■ **WORK REQUIRED**
Transcribe the listing word for word. Begin at its first line and end with the line containing "render_all (s ∷".

+===+

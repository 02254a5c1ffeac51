-- ===== src/Markdown/Mentions/Lossless.antt =====
-- Splitting a text into mentions and plain text loses nothing but the case of the usernames, and
-- the usernames are well formed and listed once.
use memos_note.Common.{
  ◌==◌, Bool-cases, length, any, filter, All, All-filter, Text, text_eq, get_last?, ℕ, zero, suc,
  ◌≤◌, ◌<◌, ◌≡◌, refl, ap, ap₂, inl, inr, Bool, true, false, not, Option, none, List, [], ◌∷◌, ◌++◌,
  arith,
}
use memos_note.Markdown.Mentions.{
  max_mention_length, at_sign, is_upper, is_alphanumeric, is_mention_char, Segment, text, mention,
  lower, to_lower_case, take_username, drop_username, take_until_at, drop_until_at, next_segment,
  parse_from, parse_mentions_from_text, mentions_of, unique, extract_mention_usernames,
}

abbrev pub render : Segment → Text
render (text value) = value
render (mention name) = at_sign ∷ name

abbrev pub render_all : List Segment → Text
render_all [] = []
render_all (s ∷ ss) = render s ++ render_all ss

abbrev IsLower : ℕ → Type 0
IsLower c = (is_mention_char c ≡ true) × (is_upper c ≡ false)

-- What the grammar asks of a username, once it is in lower case.
abbrev pub IsUsername : Text → Type 0
IsUsername name =
    (1 ≤ length name)
    × (length name ≤ max_mention_length)
    × All IsLower name
    × (any is_alphanumeric name ≡ true)

to_lower_case-append : (s t : Text) → to_lower_case (s ++ t) ≡ to_lower_case s ++ to_lower_case t
to_lower_case-append [] t = refl
to_lower_case-append (c ∷ s) t = ap (λ u. lower c ∷ u) (to_lower_case-append s t)

lower_idempotent : (c : ℕ) → lower (lower c) ≡ lower c
lower_idempotent c = ground arith

to_lower_case_idempotent : (s : Text) → to_lower_case (to_lower_case s) ≡ to_lower_case s
to_lower_case_idempotent [] = refl
to_lower_case_idempotent (c ∷ s) =
    ap₂ (λ d u. d ∷ u) (lower_idempotent c) (to_lower_case_idempotent s)

take-drop_username : (room : ℕ) (s : Text) → take_username room s ++ drop_username room s ≡ s
take-drop_username zero s = refl
take-drop_username (suc room) [] = refl
take-drop_username (suc room) (c ∷ s) = elim (Bool-cases (is_mention_char c)) [
  | inl h ↦ rw h (ap (λ t. c ∷ t) (take-drop_username room s))
  | inr h ↦ rw h
]

take-drop_until_at : (s : Text) → take_until_at s ++ drop_until_at s ≡ s
take-drop_until_at [] = refl
take-drop_until_at (c ∷ s) = elim (Bool-cases (c == at_sign)) [
  | inl h ↦ rw h
  | inr h ↦ rw h (ap (λ t. c ∷ t) (take-drop_until_at s))
]

length-drop_username : (room : ℕ) (s : Text) → length (drop_username room s) ≤ length s
length-drop_username zero s = omega arith
length-drop_username (suc room) [] = omega arith
length-drop_username (suc room) (c ∷ s) = ground (arith, length-drop_username room s)

length-drop_until_at : (s : Text) → length (drop_until_at s) ≤ length s
length-drop_until_at [] = omega arith
length-drop_until_at (c ∷ s) = ground (arith, length-drop_until_at s)

length-next_segment :
    (prev : Option ℕ) (c : ℕ) (s : Text) → length (next_segment prev c s).2 ≤ length s
unfolding next_segment
length-next_segment prev c s =
    ground (arith, length-drop_username max_mention_length s, length-drop_until_at s)

username-lossless :
    (room : ℕ) (s : Text)
    → to_lower_case (to_lower_case (take_username room s)) ++ to_lower_case (drop_username room s)
      ≡ to_lower_case s
username-lossless room s = rw (
  to_lower_case_idempotent (take_username room s),
  ← to_lower_case-append (take_username room s) (drop_username room s),
  take-drop_username room s,
)

plain-lossless :
    (s : Text)
    → to_lower_case (take_until_at s) ++ to_lower_case (drop_until_at s) ≡ to_lower_case s
plain-lossless s =
    rw (← to_lower_case-append (take_until_at s) (drop_until_at s), take-drop_until_at s)

next_segment-lossless :
    (prev : Option ℕ) (c : ℕ) (s : Text)
    → to_lower_case (render (next_segment prev c s).0) ++ to_lower_case (next_segment prev c s).2
      ≡ to_lower_case (c ∷ s)
unfolding next_segment
next_segment-lossless prev c s =
    ground (arith, username-lossless max_mention_length s, plain-lossless s)

parse_from-lossless :
    (fuel : ℕ) (prev : Option ℕ) (s : Text)
    → length s < fuel
    → to_lower_case (render_all (parse_from fuel prev s)) ≡ to_lower_case s
unfolding parse_from
parse_from-lossless zero prev s h = absurd (omega arith)
parse_from-lossless (suc fuel) prev [] h = refl
parse_from-lossless (suc fuel) prev (c ∷ s) h =
    let (segment, taken, rest) = next_segment prev c s in
    rw
      (
        to_lower_case-append (render segment) _,
        parse_from-lossless fuel (get_last? taken) rest
            (omega (arith, length-next_segment prev c s)),
      )
      (next_segment-lossless prev c s)

-- Written out again, the segments of a text are that text, but for the case of ASCII letters.
pub parse_mentions-lossless :
    (s : Text) → to_lower_case (render_all (parse_mentions_from_text s)) ≡ to_lower_case s
unfolding parse_mentions_from_text
parse_mentions-lossless s = parse_from-lossless (suc (length s)) none s (omega arith)

lower-IsLower : (c : ℕ) → is_mention_char c ≡ true → IsLower (lower c)
lower-IsLower c h = ground arith

take_username-IsLower : (room : ℕ) (s : Text) → All IsLower (to_lower_case (take_username room s))
take_username-IsLower zero s = tt
take_username-IsLower (suc room) [] = tt
take_username-IsLower (suc room) (c ∷ s) = elim (Bool-cases (is_mention_char c)) [
  | inl h ↦ rw h (lower-IsLower c h, take_username-IsLower room s)
  | inr h ↦ rw h tt
]

length-take_username : (room : ℕ) (s : Text) → length (to_lower_case (take_username room s)) ≤ room
length-take_username zero s = omega arith
length-take_username (suc room) [] = omega arith
length-take_username (suc room) (c ∷ s) = ground (arith, length-take_username room s)

any-to_lower_case :
    (s : Text) → any is_alphanumeric s ≡ true → any is_alphanumeric (to_lower_case s) ≡ true
any-to_lower_case [] h = h
any-to_lower_case (c ∷ s) h = ground (arith, any-to_lower_case s)

length-of_any : (s : Text) → any is_alphanumeric s ≡ true → 1 ≤ length s
length-of_any [] h = cc
length-of_any (c ∷ s) h = omega arith

next_segment-IsUsername :
    (prev : Option ℕ) (c : ℕ) (s : Text)
    → All IsUsername (mentions_of ((next_segment prev c s).0 ∷ []))
unfolding next_segment
next_segment-IsUsername prev c s = ground (
  arith,
  length-take_username max_mention_length s,
  take_username-IsLower max_mention_length s,
  any-to_lower_case (take_username max_mention_length s),
  length-of_any (to_lower_case (take_username max_mention_length s)),
)

mentions_of-cons :
    (g : Segment) (ss : List Segment)
    → All IsUsername (mentions_of (g ∷ []))
    → All IsUsername (mentions_of ss)
    → All IsUsername (mentions_of (g ∷ ss))
mentions_of-cons (text value) ss h k = k
mentions_of-cons (mention name) ss (h, _) k = (h, k)

parse_from-IsUsername :
    (fuel : ℕ) (prev : Option ℕ) (s : Text) → All IsUsername (mentions_of (parse_from fuel prev s))
unfolding parse_from
parse_from-IsUsername zero prev s = tt
parse_from-IsUsername (suc fuel) prev [] = tt
parse_from-IsUsername (suc fuel) prev (c ∷ s) =
    let (segment, taken, rest) = next_segment prev c s in
    mentions_of-cons segment _ (next_segment-IsUsername prev c s)
      (parse_from-IsUsername fuel (get_last? taken) rest)

All-filter_of {ℓ} :
    (P : Text → Type ℓ) (p : Text → Bool) (ss : List Text) → All P ss → All P (filter p ss)
All-filter_of P p [] h = tt
All-filter_of P p (s ∷ ss) (h, hs) = elim (Bool-cases (p s)) [
  | inl e ↦ rw e (h, All-filter_of P p ss hs)
  | inr e ↦ rw e (All-filter_of P p ss hs)
]

unique-All {ℓ} : (P : Text → Type ℓ) (ss : List Text) → All P ss → All P (unique ss)
unique-All P [] h = tt
unique-All P (s ∷ ss) (h, hs) = (h, All-filter_of P _ (unique ss) (unique-All P ss hs))

-- No two entries are equal.
abbrev pub IsDistinct : List Text → Type 0
IsDistinct [] = Unit
IsDistinct (s ∷ ss) = All (λ t. text_eq s t ≡ false) ss × IsDistinct ss

filter-IsDistinct : (p : Text → Bool) (ss : List Text) → IsDistinct ss → IsDistinct (filter p ss)
filter-IsDistinct p [] h = tt
filter-IsDistinct p (s ∷ ss) (h, hs) = elim (Bool-cases (p s)) [
  | inl e ↦ rw e (All-filter_of _ p ss h, filter-IsDistinct p ss hs)
  | inr e ↦ rw e (filter-IsDistinct p ss hs)
]

not-eq-true : (b : Bool) → not b ≡ true → b ≡ false
not-eq-true b h = ground arith

All-not :
    (s : Text) (ss : List Text)
    → All (λ t. not (text_eq s t) ≡ true) ss
    → All (λ t. text_eq s t ≡ false) ss
All-not s [] h = tt
All-not s (t ∷ ss) (h, hs) = (not-eq-true _ h, All-not s ss hs)

unique-IsDistinct : (ss : List Text) → IsDistinct (unique ss)
unique-IsDistinct [] = tt
unique-IsDistinct (s ∷ ss) = (
  All-not s _ (All-filter (λ t. not (text_eq s t)) (unique ss)),
  filter-IsDistinct _ (unique ss) (unique-IsDistinct ss),
)

-- The usernames that are listed for a text are pairwise different, and each holds 1 to 32
-- characters, all of them ASCII lower case letters, digits or hyphens, one at least no hyphen.
pub extract_mention_usernames-IsUsername :
    (s : Text)
    → All IsUsername (extract_mention_usernames s) × IsDistinct (extract_mention_usernames s)
unfolding extract_mention_usernames parse_mentions_from_text
extract_mention_usernames-IsUsername s =
    (unique-All IsUsername _ (parse_from-IsUsername (suc (length s)) none s), unique-IsDistinct _)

+===+

■ **EXERCISE SOLUTION**
repository 02254a5c1ffeac51
-- ===== src/Markdown/Mentions/Lossless.antt =====
-- Splitting a text into mentions and plain text loses nothing but the case of the usernames, and
-- the usernames are well formed and listed once.
use memos_note.Common.{
  ◌==◌, Bool-cases, length, any, filter, All, All-filter, Text, text_eq, get_last?, ℕ, zero, suc,
  ◌≤◌, ◌<◌, ◌≡◌, refl, ap, ap₂, inl, inr, Bool, true, false, not, Option, none, List, [], ◌∷◌, ◌++◌,
  arith,
}
use memos_note.Markdown.Mentions.{
  max_mention_length, at_sign, is_upper, is_alphanumeric, is_mention_char, Segment, text, mention,
  lower, to_lower_case, take_username, drop_username, take_until_at, drop_until_at, next_segment,
  parse_from, parse_mentions_from_text, mentions_of, unique, extract_mention_usernames,
}

abbrev pub render : Segment → Text
render (text value) = value
render (mention name) = at_sign ∷ name

abbrev pub render_all : List Segment → Text
render_all [] = []
render_all (s ∷ ss) = render s ++ render_all ss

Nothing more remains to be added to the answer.